● Exercise description: Collect each line of the records containing the string "Pushing".

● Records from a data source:
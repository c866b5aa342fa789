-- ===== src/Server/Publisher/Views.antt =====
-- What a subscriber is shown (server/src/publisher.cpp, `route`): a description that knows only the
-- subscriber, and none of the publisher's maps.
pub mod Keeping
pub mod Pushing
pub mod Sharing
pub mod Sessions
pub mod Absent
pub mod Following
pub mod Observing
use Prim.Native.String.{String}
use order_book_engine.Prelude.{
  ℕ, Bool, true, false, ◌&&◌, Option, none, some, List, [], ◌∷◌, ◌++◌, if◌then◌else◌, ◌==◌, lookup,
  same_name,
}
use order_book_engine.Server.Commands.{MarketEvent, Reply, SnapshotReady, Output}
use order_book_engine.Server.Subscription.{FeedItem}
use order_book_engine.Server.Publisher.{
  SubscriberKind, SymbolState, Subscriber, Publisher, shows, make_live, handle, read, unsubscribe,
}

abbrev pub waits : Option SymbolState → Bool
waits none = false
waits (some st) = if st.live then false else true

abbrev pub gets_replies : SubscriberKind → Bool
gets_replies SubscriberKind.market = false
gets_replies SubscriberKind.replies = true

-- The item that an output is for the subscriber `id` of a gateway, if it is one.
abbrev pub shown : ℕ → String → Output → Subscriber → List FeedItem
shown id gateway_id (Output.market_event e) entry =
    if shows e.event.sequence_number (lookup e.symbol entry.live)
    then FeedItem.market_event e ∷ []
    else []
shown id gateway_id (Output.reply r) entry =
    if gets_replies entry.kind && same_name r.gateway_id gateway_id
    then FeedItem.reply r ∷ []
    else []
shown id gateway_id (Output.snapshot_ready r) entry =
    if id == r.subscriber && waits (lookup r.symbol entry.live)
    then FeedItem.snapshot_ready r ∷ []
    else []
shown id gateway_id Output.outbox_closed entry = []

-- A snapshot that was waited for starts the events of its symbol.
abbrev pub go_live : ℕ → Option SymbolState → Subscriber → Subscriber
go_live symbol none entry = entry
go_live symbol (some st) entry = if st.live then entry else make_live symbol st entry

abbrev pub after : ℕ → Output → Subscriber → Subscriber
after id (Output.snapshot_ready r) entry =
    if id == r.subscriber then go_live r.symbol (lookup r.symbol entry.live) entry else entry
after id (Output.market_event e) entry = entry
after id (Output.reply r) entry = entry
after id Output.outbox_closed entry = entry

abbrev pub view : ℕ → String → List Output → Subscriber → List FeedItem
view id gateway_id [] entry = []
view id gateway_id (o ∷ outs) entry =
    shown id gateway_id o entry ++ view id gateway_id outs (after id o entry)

--

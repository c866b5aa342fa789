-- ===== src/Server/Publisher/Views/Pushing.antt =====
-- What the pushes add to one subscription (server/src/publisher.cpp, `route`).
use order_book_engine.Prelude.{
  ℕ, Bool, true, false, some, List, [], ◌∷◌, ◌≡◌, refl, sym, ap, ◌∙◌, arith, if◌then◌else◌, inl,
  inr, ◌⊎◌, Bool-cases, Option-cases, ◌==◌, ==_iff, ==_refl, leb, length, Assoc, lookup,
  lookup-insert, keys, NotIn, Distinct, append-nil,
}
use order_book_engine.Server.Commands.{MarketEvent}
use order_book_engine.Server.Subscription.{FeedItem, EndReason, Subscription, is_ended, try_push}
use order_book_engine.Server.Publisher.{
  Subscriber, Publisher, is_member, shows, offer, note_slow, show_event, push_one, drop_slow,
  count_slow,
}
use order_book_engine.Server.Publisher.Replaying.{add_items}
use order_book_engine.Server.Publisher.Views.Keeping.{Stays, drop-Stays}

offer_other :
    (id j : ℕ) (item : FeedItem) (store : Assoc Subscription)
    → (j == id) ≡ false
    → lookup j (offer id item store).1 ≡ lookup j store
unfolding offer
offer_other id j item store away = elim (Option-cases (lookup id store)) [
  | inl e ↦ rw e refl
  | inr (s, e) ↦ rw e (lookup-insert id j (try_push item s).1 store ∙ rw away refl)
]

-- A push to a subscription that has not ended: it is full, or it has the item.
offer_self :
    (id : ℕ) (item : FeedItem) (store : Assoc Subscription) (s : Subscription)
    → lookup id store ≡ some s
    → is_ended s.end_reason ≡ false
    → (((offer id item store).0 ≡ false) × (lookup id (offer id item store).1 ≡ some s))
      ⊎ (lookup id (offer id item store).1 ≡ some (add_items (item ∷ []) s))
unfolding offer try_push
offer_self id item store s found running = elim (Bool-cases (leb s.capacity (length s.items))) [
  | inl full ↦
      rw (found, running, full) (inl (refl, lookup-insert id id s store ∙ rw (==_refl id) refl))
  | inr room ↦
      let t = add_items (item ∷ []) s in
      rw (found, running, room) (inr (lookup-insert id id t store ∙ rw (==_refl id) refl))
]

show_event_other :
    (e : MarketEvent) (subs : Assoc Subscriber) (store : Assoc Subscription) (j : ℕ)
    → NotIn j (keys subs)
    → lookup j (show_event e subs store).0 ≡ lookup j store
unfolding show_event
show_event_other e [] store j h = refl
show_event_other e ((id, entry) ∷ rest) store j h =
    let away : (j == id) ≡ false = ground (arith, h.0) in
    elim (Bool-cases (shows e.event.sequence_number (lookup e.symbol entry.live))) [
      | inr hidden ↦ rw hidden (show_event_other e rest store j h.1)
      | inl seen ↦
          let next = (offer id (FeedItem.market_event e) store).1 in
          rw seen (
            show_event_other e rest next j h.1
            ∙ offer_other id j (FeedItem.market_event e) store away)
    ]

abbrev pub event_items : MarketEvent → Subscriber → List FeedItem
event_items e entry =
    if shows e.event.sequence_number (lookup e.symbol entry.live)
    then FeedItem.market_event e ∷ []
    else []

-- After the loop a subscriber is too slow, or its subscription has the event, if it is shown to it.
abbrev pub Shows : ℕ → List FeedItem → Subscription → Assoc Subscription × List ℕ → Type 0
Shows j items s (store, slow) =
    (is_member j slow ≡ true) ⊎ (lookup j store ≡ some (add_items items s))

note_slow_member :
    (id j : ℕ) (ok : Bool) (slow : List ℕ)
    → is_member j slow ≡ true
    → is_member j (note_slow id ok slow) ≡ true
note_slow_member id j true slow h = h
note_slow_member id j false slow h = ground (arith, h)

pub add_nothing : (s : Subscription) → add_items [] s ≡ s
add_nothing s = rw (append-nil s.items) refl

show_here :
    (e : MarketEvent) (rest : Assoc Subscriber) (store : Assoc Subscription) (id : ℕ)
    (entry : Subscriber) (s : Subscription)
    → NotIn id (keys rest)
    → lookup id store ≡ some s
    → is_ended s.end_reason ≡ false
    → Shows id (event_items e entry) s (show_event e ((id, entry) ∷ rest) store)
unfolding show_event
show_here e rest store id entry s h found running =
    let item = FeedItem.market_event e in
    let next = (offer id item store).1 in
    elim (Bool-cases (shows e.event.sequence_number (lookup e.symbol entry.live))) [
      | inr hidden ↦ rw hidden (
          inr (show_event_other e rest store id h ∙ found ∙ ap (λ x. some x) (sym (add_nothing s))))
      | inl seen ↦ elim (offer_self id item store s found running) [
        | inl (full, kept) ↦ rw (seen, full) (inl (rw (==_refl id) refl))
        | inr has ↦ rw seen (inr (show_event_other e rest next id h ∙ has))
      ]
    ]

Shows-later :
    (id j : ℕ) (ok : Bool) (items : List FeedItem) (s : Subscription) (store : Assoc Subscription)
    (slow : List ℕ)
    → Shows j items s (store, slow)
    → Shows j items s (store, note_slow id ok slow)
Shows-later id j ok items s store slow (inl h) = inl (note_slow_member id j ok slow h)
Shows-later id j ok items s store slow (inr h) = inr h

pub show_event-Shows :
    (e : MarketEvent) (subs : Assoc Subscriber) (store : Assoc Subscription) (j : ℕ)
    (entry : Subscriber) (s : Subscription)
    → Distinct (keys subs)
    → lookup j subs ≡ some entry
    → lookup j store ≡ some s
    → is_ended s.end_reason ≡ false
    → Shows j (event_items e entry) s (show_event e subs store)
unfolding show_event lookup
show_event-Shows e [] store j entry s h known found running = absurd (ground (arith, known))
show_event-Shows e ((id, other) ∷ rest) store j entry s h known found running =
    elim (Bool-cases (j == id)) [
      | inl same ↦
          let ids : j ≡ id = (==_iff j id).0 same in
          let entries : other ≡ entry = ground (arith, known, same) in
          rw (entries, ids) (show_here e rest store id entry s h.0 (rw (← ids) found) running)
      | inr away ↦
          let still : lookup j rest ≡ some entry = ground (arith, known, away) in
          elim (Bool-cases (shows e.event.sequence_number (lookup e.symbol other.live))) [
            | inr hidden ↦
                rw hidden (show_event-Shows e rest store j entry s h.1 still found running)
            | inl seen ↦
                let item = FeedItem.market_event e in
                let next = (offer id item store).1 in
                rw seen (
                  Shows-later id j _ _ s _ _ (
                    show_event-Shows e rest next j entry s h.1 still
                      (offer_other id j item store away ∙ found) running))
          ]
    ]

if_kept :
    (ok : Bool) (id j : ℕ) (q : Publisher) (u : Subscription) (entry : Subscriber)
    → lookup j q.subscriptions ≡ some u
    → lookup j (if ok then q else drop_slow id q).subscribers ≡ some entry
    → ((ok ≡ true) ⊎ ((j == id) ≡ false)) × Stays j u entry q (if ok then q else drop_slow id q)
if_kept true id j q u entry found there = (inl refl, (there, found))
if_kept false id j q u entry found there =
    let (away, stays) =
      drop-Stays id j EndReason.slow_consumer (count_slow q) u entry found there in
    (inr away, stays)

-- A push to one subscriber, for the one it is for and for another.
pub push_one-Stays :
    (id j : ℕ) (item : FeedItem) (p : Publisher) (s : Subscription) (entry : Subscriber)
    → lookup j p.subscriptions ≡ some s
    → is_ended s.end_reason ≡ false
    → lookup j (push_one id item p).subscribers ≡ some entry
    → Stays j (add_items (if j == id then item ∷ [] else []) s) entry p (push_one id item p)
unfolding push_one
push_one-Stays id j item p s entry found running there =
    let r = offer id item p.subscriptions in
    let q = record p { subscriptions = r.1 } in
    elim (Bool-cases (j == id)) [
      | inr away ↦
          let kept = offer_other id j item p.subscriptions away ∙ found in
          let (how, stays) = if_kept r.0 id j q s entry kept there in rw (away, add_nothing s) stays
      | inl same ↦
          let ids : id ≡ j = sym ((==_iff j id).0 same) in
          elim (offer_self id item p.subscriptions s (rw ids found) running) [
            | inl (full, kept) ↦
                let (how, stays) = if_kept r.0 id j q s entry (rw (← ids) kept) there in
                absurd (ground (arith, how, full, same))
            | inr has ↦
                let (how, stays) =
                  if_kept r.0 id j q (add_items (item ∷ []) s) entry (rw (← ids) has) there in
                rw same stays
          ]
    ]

● Final answer:
pub mod Pushing
-- ===== src/Server/Publisher/Views/Pushing.antt =====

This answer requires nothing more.